Experience Classicsonline

A disc as lovely as this should not be overlooked. Vivaldi’s Stabat Mater has hardly lacked for fine recordings over the years but here we have a performance of real distinction and allure. The Theatre of Early Music is a small band - two violins, a viola, cello and bass, with lute and organ - but its tempo decisions and internal balancing are both exemplary. Articulation is crisp - note the cleanly articulated cello line - and the timbral qualities of the string are auspicious. Rhythms are buoyant, and the expressive qualities of the music are held in fine balance. To turn to specifics, the Quis est homo is rendered with delicate refinement, a legato melsima of real eloquence. Daniel Taylor evinces no sense of forcing his counter tenor, and no glorying in its very obvious qualities for the sake of it; some other counter tenors should take note. The tempo for the slow Fac ut ardeat is judged to perfection, with its sense of motion ensuring that the textual meaning is perfectly conveyed.  I suppose that Scholl [Harmonia Mundi HMC801571] and Robin Blaze [Hyperion CDA66799] are the two outstanding contenders in this work at the moment. Taylor most closely resembles Blaze in ethos, though I prefer the newcomer’s performance all round.
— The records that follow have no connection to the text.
-- ===== src/Switchyard/Daemon/Laws.antt =====
-- What a remote task may do to the files of the worker.
use nexus_ai_gateway.Prelude.{
  String, ◌≡◌, refl, true, Option, none, some, List, [], ◌∷◌, All, lookup,
}
use nexus_ai_gateway.Domain.Errors.{Err, nil, domain, upstream, wrapped, plain, Result, ok, err}
use nexus_ai_gateway.Switchyard.Safety.{ExecutionPolicy, parse_policy, is_protected_file}
use nexus_ai_gateway.Switchyard.Edits.{ProposedEdit, Files}
use nexus_ai_gateway.Switchyard.Edits.Laws.{Forbids, apply_edits_with_policy-keeps}
use nexus_ai_gateway.Switchyard.Parsing.{parse_proposed_edits}
use nexus_ai_gateway.Switchyard.Calls.{ChatResult}
use nexus_ai_gateway.Switchyard.Daemon.{
  RemoteTaskResponse, Gateway, read_pending, Worker, carry_out, with_edits, with_result,
  execute_remote_task_locally, policy_or_approve, run_task, after_claim, poll_pending,
  poll_and_execute_single_task,
}

module _ (w : Worker) (q : String) (guarded : is_protected_file q ≡ true) where
  with_result-keeps :
      (policy : ExecutionPolicy) (r : Result ChatResult) (files : Files) (answers : List String)
      → Forbids policy answers
      → lookup q (with_result w policy r files answers).1 ≡ lookup q files
  unfolding with_result with_edits carry_out
  with_result-keeps policy (err e) files answers k = refl
  with_result-keeps policy (ok r) files answers k = found (parse_proposed_edits r.content)
    where
      found :
          (edits : Option (List ProposedEdit))
          → lookup q (with_edits w policy r.content edits files answers).1 ≡ lookup q files
      found none = refl
      found (some []) = refl
      found (some (e ∷ es)) =
          apply_edits_with_policy-keeps w.disk w.git q guarded policy (e ∷ es) files answers k

  module _ (g : Gateway) where
    open g use {State, pending, claim}

    -- The policy of a task, as the worker reads it.
    abbrev pub task_policy : RemoteTaskResponse → ExecutionPolicy
    task_policy t = policy_or_approve (parse_policy t.policy)

    after_claim-keeps :
        (worker_id : String) (t : RemoteTaskResponse) (answers : List String) (files : Files)
        (e : Err) (s : State)
        → Forbids (task_policy t) answers
        → lookup q (after_claim g w worker_id t answers files e s).files ≡ lookup q files
    unfolding after_claim run_task execute_remote_task_locally
    after_claim-keeps worker_id t answers files nil s k =
        with_result-keeps (task_policy t) _ files answers k
    after_claim-keeps worker_id t answers files (domain _ _ _ _) s k = refl
    after_claim-keeps worker_id t answers files (upstream _) s k = refl
    after_claim-keeps worker_id t answers files (wrapped _ _) s k = refl
    after_claim-keeps worker_id t answers files (plain _) s k = refl

    poll_pending-keeps :
        (worker_id : String) (answers : List String) (files : Files) (s : State)
        (listed : Result (List RemoteTaskResponse))
        → ((tasks : List RemoteTaskResponse)
            → listed ≡ ok tasks
            → All (λ t. Forbids (task_policy t) answers) tasks)
        → lookup q (poll_pending g w worker_id answers files s listed).files ≡ lookup q files
    unfolding poll_pending
    poll_pending-keeps worker_id answers files s (err e) k = refl
    poll_pending-keeps worker_id answers files s (ok []) k = refl
    poll_pending-keeps worker_id answers files s (ok (t ∷ ts)) k =
        after_claim-keeps worker_id t answers files _ _ (k (t ∷ ts) refl).0

    -- Whatever the gateway, the model and the disk answer, a round of the daemon leaves a protected file
    -- as it was, if the policy of each task that the gateway lists is explain, plan or safe-auto, or is
    -- approve or unknown and no line typed at the terminal is a yes.
    pub poll_and_execute_single_task-keeps :
        (project_id worker_id : String) (answers : List String) (files : Files) (s : State)
        → ((tasks : List RemoteTaskResponse)
            → read_pending (pending project_id s) ≡ ok tasks
            → All (λ t. Forbids (task_policy t) answers) tasks)
        → lookup q (poll_and_execute_single_task g w project_id worker_id answers files s).files
          ≡ lookup q files
    unfolding poll_and_execute_single_task
    poll_and_execute_single_task-keeps project_id worker_id answers files s k =
        poll_pending-keeps worker_id answers files s (read_pending (pending project_id s)) k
Scholl’s is a more extrovert performance, fine, if you prefer to shy away from the more veiled intimacies that Taylor explores.

Pergolesi’s compact Salve Regina again evinces strongly meditative qualities in this performance, so those seeking more fulsome, or speedier virtues will need to seek elsewhere. It’s difficult to ensure a good balance in the lento movement Ad te suspiramus but Taylor and his forces manage it well. The last work is a curiosity, hyphenated Bach-Pergolesi, as it were. This is a transcription by Bach of Pergolesi’s Stabat Mater and was made some time around 1746-48, a good while after the Italian composer’s early 1736 death.  Bach added extra instrumental lines, added to the bass continuo, and even added movements, rendering the text in a German translation.  Here Taylor is joined by Emma Kirkby and their rapport is obvious, the voices well blended, and as before the reflective sense of the chosen tempi conveys a great deal. It’s a very natural, unforced performance with no extraneous gestures, vocal or instrumental, to distract. Verse 4 - Dich erzürnt - is especially finely conceived but it’s invidious to select highlights. The depth and pathos (try Denn du willst (verses 17-18)) are everywhere apparent.

The purely instrumental Sonata ‘al Santo Sepolcro’ by Vivaldi serves as the disc’s opening item - an Easter movement chosen with acumen and played with tactile excellence by the string players.

With a natural and sympathetic recording and helpful booklet notes this reflective disc brings impressive and sensitive qualities to bear, and should on no account be overlooked.